Syria camps: European court calls on France to 're-examine' refusal to repatriate women
The case was brought by the parents of the women, who had travelled with their partners to parts of Syria and Iraq then controlled by Islamic State (IS).
The court ruled on Wednesday that the French government would be “expected to promptly re-examine” the request in order to safeguard the women against the “arbitrariness” of the refusal.
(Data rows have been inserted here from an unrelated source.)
-- ===== src/Engine/Runtime/Stop.antt =====
-- src/native_dsp_graph.rs: `stop_recording` in a well-formed engine.
use freewheeling_plus.Prelude.{
  ℕ, ◌+◌, ◌≤◌, ◌<◌, ◌≡◌, refl, sym, ap, ◌∙◌, subst, Bool, true, false, not, ◌&&◌, ◌||◌, none, some,
  ◌∷◌, ◌==◌, length, set, length-set, get_elem?, get_elem?-some, All-get, if◌then◌else◌, arith,
  Option-cases, inl, inr,
}
use freewheeling_plus.Prelude.Floats.{Float32}
use freewheeling_plus.Engine.Runtime.Open.{
  end_slot_idle, IsOpen, paid-IsOpen, same_placed, end_take-IsEngine, complete-IsEngine,
  complete-storage, IsEngine-IsOpen,
}
use freewheeling_plus.Engine.Blocks.{BlockPool}
use freewheeling_plus.Engine.Pulse.{PulseClock}
use freewheeling_plus.Engine.Loop.{LoopSlot}
use freewheeling_plus.Engine.Runtime.{
  Engine, put_loop, send_status, loop_completed, is_overdubbing, is_recording,
}
use freewheeling_plus.Engine.Runtime.Recording.{
  stopped, end_slot, end_take, complete, finish_take, stop_recording,
}
use freewheeling_plus.Engine.Runtime.Room.{IsRoomy, IsSame}
use freewheeling_plus.Engine.Runtime.Take.{smooth_take-IsTaken}
use freewheeling_plus.Engine.Runtime.Keep.{is_busy, IsUntouched, Keeps, same-Keeps, set-Keeps}
use freewheeling_plus.Engine.Runtime.Valid.{IsLoop, IsEngine}

module _ (f : Float32) (P : BlockPool f.F) where
  open f use {F, of_ℕ}
  open P use {Pool, IsPool, ready, room, add_block, release_blocks}

  -- What a stop leaves: a well-formed engine with as many loops, for one block at most.
  pub record IsStopped (e t : Engine P) : Type 0 where
    pub valid : IsEngine t
    pub idle : t.recorder.recording ≡ none
    pub cheap : ready e.loop_storage ≤ ready t.loop_storage + 1
    pub same_room : room t.loop_storage ≡ room e.loop_storage
    pub same_loops : length t.loops ≡ length e.loops
    pub same_transfers : t.transfers ≡ e.transfers

  complete-sent :
      (e : Engine P) (index : ℕ) (s : LoopSlot F) (notify : Bool)
      → (complete f P e index s notify).sent ≡ (
          if notify && not (s.len == 0) && (is_recording s.mode || is_overdubbing s.mode)
          then loop_completed index ∷ e.sent
          else e.sent)
  unfolding complete end_take put_loop send_status
  complete-sent e index s notify = ground arith

  -- What a stop does to the loop that was recorded.
  pub record IsEnded (e : Engine P) (index : ℕ) (s : LoopSlot F) (notify : Bool) (t : Engine P)
      : Type 0 where
    pub taken : LoopSlot F
    pub same : IsSame s taken
    pub untouched : is_recording s.mode ≡ false → taken ≡ s
    pub loops : t.loops ≡ set e.loops index (end_slot e.clock taken)
    pub sent : t.sent ≡ (
        if notify && not (s.len == 0) && (is_recording s.mode || is_overdubbing s.mode)
        then loop_completed index ∷ e.sent
        else e.sent)

  finish_take-IsStopped :
      (e : Engine P) (index : ℕ) (s : LoopSlot F) (notify : Bool)
      → IsOpen f P e index
      → e.recorder.recording ≡ none
      → get_elem? e.loops index ≡ some s
      → IsRoomy s
      → (is_overdubbing s.mode ≡ true → 0 < s.len → s.position < s.len)
      → (t : Engine P) × (finish_take f P e index notify ≡ some t)
        × IsStopped e t
        × IsEnded e index s notify t
  unfolding finish_take
  finish_take-IsStopped e index s notify v idle at w o =
      let r = smooth_take-IsTaken f P e.loop_storage s v.pool_valid w in
      let paid : Engine P = record e { loop_storage = r.0.0 } in
      let c = complete-storage f P paid index r.0.1 notify in
      (
        complete f P paid index r.0.1 notify,
        rw at (rw r.1 refl),
        record {
          valid = complete-IsEngine f P paid index r.0.1 notify (
              end_take-IsEngine f P paid index r.0.1
                (paid-IsOpen f P e index r.0.0 v r.2.pool_valid) r.2.roomy
                (same_placed f P s r.0.1 r.2.same o));
          idle = c.3 ∙ idle;
          cheap = omega (arith, ap ready c.0, r.2.cheap);
          same_room = ap room c.0 ∙ r.2.same_room;
          same_loops = ap length c.1 ∙ length-set e.loops index (end_slot e.clock r.0.1);
          same_transfers = c.2;
        },
        record {
          taken = r.0.1;
          same = r.2.same;
          untouched = r.2.untouched;
          loops = c.1;
          sent = complete-sent paid index r.0.1 notify ∙ (rw r.2.same.len (rw r.2.same.mode refl));
        },
      )

  -- The recorder that was reset, before the loop is looked at.
  quiet : Engine P → Engine P
  quiet e = record e { recorder = stopped e.recorder }

  quiet_idle : (e : Engine P) → (quiet e).recorder.recording ≡ none
  unfolding quiet stopped
  quiet_idle e = refl

  quiet-IsOpen : (e : Engine P) (index : ℕ) → IsOpen f P e index → IsOpen f P (quiet e) index
  unfolding quiet stopped
  quiet-IsOpen e index v = record {
    pool_valid = v.pool_valid;
    others = v.others;
    recorded = λ i h. absurd cc;
    phase_fits = v.phase_fits;
    history_level = v.history_level;
    history_fits = v.history_fits;
    transfers_valid = v.transfers_valid;
  }

  quiet-IsStopped : (e t : Engine P) → IsStopped (quiet e) t → IsStopped e t
  unfolding quiet
  quiet-IsStopped e t g = record {
    valid = g.valid;
    idle = g.idle;
    cheap = g.cheap;
    same_room = g.same_room;
    same_loops = g.same_loops;
    same_transfers = g.same_transfers;
  }

  quiet-IsEnded :
      (e : Engine P) (index : ℕ) (s : LoopSlot F) (notify : Bool) (t : Engine P)
      → IsEnded (quiet e) index s notify t
      → IsEnded e index s notify t
  unfolding quiet
  quiet-IsEnded e index s notify t g = record {
    taken = g.taken;
    same = g.same;
    untouched = g.untouched;
    loops = g.loops;
    sent = g.sent;
  }

  stop_recording_at :
      (e : Engine P) (index : ℕ) (notify : Bool)
      → e.recorder.recording ≡ some index
      → stop_recording f P e notify ≡ finish_take f P (quiet e) index notify
  unfolding stop_recording quiet
  stop_recording_at e index notify h = rw h refl

  -- The loop that is recorded may be cut before: it gets a new position.
  pub stop_open-IsStopped :
      (e : Engine P) (index : ℕ) (s : LoopSlot F) (notify : Bool)
      → IsOpen f P e index
      → e.recorder.recording ≡ some index
      → get_elem? e.loops index ≡ some s
      → IsRoomy s
      → (is_overdubbing s.mode ≡ true → 0 < s.len → s.position < s.len)
      → (t : Engine P) × (stop_recording f P e notify ≡ some t)
        × IsStopped e t
        × IsEnded e index s notify t
  unfolding quiet
  stop_open-IsStopped e index s notify v r at w o =
      let t =
        finish_take-IsStopped (quiet e) index s notify (quiet-IsOpen e index v) (quiet_idle e) at w
          o in
      (
        t.0,
        stop_recording_at e index notify r ∙ t.1,
        quiet-IsStopped e t.0 t.2,
        quiet-IsEnded e index s notify t.0 t.3,
      )

  quiet-IsEngine : (e : Engine P) → IsEngine e → IsEngine (quiet e)
  unfolding quiet stopped
  quiet-IsEngine e v = record {
    pool_valid = v.pool_valid;
    loops_valid = v.loops_valid;
    recorded = λ i h. absurd cc;
    phase_fits = v.phase_fits;
    history_level = v.history_level;
    history_fits = v.history_fits;
    transfers_valid = v.transfers_valid;
  }

  end_slot-IsUntouched :
      (c : PulseClock) (s : LoopSlot F) → is_busy s ≡ false → IsUntouched s (end_slot c s)
  unfolding end_slot
  end_slot-IsUntouched c s i = record {
    left = refl;
    right = refl;
    blocks = refl;
    data_offset = refl;
    idle = end_slot_idle c s;
  }

  not_busy : (s : LoopSlot F) → is_busy s ≡ false → is_recording s.mode ≡ false
  unfolding is_busy
  not_busy s i = ground arith

  pub ended-Keeps :
      (e t : Engine P) (index slot : ℕ) (s : LoopSlot F) (notify : Bool)
      → get_elem? e.loops index ≡ some s
      → IsEnded e index s notify t
      → Keeps slot e.loops t.loops
  ended-Keeps e t index slot s notify at g =
      subst (λ ls. Keeps slot e.loops ls) (sym g.loops)
        (set-Keeps slot index e.loops s (end_slot e.clock g.taken) at (λ i.
          subst (λ x. IsUntouched s (end_slot e.clock x)) (sym (g.untouched (not_busy s i)))
            (end_slot-IsUntouched e.clock s i)))

  stop_idle-IsStopped :
      (e : Engine P) (notify : Bool)
      → IsEngine e
      → e.recorder.recording ≡ none
      → (t : Engine P) × (stop_recording f P e notify ≡ some t)
        × IsStopped e t
        × ((slot : ℕ) → Keeps slot e.loops t.loops)
  unfolding stop_recording quiet
  stop_idle-IsStopped e notify v r = (
    quiet e,
    rw r refl,
    quiet-IsStopped e (quiet e) (record {
      valid = quiet-IsEngine e v;
      idle = quiet_idle e;
      cheap = omega arith;
      same_room = refl;
      same_loops = refl;
      same_transfers = refl;
    }),
    λ slot. same-Keeps slot e.loops e.loops refl,
  )

  -- In a well-formed engine a stop comes to its end, whether a loop is recorded or not.
  pub stop_recording-IsStopped :
      (e : Engine P) (notify : Bool)
      → IsEngine e
      → (t : Engine P) × (stop_recording f P e notify ≡ some t)
        × IsStopped e t
        × ((slot : ℕ) → Keeps slot e.loops t.loops)
  stop_recording-IsStopped e notify v = elim (Option-cases e.recorder.recording) [
    | inl r ↦ stop_idle-IsStopped e notify v r
    | inr i ↦
        let s = get_elem?-some e.loops i.0 (v.recorded i.0 i.1) in
        let w = All-get IsLoop e.loops i.0 s.0 v.loops_valid s.1 in
        let t =
          stop_open-IsStopped e i.0 s.0 notify (IsEngine-IsOpen f P e i.0 v) i.1 s.1 w.roomy
            (λ _. w.placed) in
        (t.0, t.1, t.2, λ slot. ended-Keeps e t.0 i.0 slot s.0 notify s.1 t.3)
  ]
The ruling did not outright call on the two to be repatriated.
The French nationals are among roughly 60,000 women and children who live in two sprawling Kurdish-run camps, al-Roj and al-Hol, in the semi-autonomous Hasakah region of Syria.
One of the women, known as L, left France for Syria on 1 July 2014 with her partner, who died in February 2018. The couple had two children, who are believed to be held in one of the camps with L.
The other woman, M, travelled with her partner from France to Iraq’s Mosul in July 2015, and a year later to Syria.
She gave birth to one child, who is thought to be held with her in al-Roj, where they were transferred from al-Hol two years ago.
The families of both women say the lives of their daughters and grandchildren are at risk, due to disease and malnutrition rife in the camps.
Marie Dose, a lawyer for several families, told MEE that Wednesday's judgement was a "huge victory and a real relief for the families".
'France has just been condemned'
Marc Lopez, a retired civil servant whose daughter-in-law and four young grandchildren have been in al-Roj for more than three years, helps run Le Collectif des Familles Unies (Collective of United Families), a group of roughly 130 French families from across the country with relatives in the camps.
Speaking to Middle East Eye from Strasbourg, he said: "France has just been condemned for having acted arbitrarily in its policy of non-repatriation.
"Now France must decide to repatriate all the children languishing in the Syrian camps with their mothers. Not a single French-born child should remain there.
"This judgement should have an impact on other countries, such as England and Spain. The families now await action."
Albert, a former telecoms engineer and trade unionist from Brittany, whose daughter, Gaelle, has lived in Roj with her young son for years, told MEE: "We need everyone to be repatriated, and quickly. The worst thing would be if they spent another winter there."
Sarah St Vincent, executive director of the organisation Rights and Security International, said that the court had "made an important move to prevent European governments from treating the Syrian camps as a legal black hole where they can dump unwanted people, including children."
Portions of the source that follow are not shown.